┌─ Task input
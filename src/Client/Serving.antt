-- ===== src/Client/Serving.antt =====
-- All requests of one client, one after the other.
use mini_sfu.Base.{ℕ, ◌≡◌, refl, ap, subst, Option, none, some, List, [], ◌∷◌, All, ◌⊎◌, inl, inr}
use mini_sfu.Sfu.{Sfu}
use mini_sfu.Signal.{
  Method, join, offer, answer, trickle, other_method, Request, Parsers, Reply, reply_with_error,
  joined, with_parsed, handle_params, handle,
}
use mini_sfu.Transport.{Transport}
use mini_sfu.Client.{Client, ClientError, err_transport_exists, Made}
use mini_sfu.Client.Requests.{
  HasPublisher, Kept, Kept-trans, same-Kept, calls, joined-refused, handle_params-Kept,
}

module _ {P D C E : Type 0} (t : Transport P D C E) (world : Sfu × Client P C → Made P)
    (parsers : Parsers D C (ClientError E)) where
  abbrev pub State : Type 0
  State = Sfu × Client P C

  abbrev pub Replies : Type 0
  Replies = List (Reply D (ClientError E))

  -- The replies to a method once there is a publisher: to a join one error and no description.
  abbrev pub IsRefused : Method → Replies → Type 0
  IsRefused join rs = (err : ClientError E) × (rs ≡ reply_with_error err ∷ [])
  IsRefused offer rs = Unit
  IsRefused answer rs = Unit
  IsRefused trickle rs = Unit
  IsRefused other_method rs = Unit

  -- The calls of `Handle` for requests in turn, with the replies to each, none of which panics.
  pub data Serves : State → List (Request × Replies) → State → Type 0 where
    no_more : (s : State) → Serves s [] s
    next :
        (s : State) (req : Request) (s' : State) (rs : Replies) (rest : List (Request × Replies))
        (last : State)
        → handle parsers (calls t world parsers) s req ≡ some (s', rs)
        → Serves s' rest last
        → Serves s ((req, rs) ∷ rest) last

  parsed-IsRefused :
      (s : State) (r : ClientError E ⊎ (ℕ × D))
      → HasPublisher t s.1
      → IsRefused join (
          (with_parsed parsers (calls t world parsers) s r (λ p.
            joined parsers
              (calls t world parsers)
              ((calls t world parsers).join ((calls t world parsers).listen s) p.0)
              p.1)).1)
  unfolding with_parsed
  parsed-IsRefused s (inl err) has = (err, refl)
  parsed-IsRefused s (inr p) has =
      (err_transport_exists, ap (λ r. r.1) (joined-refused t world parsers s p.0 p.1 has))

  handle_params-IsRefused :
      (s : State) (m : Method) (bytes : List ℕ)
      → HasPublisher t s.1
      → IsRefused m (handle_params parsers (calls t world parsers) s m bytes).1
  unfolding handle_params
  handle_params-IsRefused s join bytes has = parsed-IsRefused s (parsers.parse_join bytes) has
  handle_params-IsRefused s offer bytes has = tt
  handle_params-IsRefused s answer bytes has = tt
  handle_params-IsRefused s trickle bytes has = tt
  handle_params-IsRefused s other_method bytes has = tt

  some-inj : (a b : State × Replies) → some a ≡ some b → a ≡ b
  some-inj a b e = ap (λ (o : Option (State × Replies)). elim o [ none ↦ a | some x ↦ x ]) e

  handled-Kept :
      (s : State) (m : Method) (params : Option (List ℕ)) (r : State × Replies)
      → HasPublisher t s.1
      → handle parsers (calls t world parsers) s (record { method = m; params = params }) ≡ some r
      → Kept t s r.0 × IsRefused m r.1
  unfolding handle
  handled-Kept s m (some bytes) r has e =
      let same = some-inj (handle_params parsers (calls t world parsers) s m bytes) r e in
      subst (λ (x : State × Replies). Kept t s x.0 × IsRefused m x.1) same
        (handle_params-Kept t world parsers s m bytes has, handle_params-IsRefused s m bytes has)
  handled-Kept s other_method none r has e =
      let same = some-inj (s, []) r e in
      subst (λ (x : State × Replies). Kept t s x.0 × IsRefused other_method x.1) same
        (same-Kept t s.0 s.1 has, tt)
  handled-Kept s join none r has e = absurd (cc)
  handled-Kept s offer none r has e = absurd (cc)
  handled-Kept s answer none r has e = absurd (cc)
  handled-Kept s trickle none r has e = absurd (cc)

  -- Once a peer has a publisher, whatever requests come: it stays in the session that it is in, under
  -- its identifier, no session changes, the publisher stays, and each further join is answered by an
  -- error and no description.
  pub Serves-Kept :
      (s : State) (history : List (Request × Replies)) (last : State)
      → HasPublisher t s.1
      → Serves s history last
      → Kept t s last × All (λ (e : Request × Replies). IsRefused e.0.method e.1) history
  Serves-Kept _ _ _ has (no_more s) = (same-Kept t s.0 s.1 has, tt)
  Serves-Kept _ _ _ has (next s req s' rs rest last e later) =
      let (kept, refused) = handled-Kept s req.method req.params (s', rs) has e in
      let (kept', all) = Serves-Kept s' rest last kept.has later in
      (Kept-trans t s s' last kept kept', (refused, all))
└─
(Exercise) Please return only the lines above, starting at the line that has "(s : State) (m : Method) (params" and ending at the line that has "let same = some-inj (s, []) r e in", keeping both and leaving each one unchanged.

(Reply to the task)
      (s : State) (m : Method) (params : Option (List ℕ)) (r : State × Replies)
      → HasPublisher t s.1
      → handle parsers (calls t world parsers) s (record { method = m; params = params }) ≡ some r
      → Kept t s r.0 × IsRefused m r.1
  unfolding handle
  handled-Kept s m (some bytes) r has e =
      let same = some-inj (handle_params parsers (calls t world parsers) s m bytes) r e in
      subst (λ (x : State × Replies). Kept t s x.0 × IsRefused m x.1) same
        (handle_params-Kept t world parsers s m bytes has, handle_params-IsRefused s m bytes has)
  handled-Kept s other_method none r has e =
      let same = some-inj (s, []) r e in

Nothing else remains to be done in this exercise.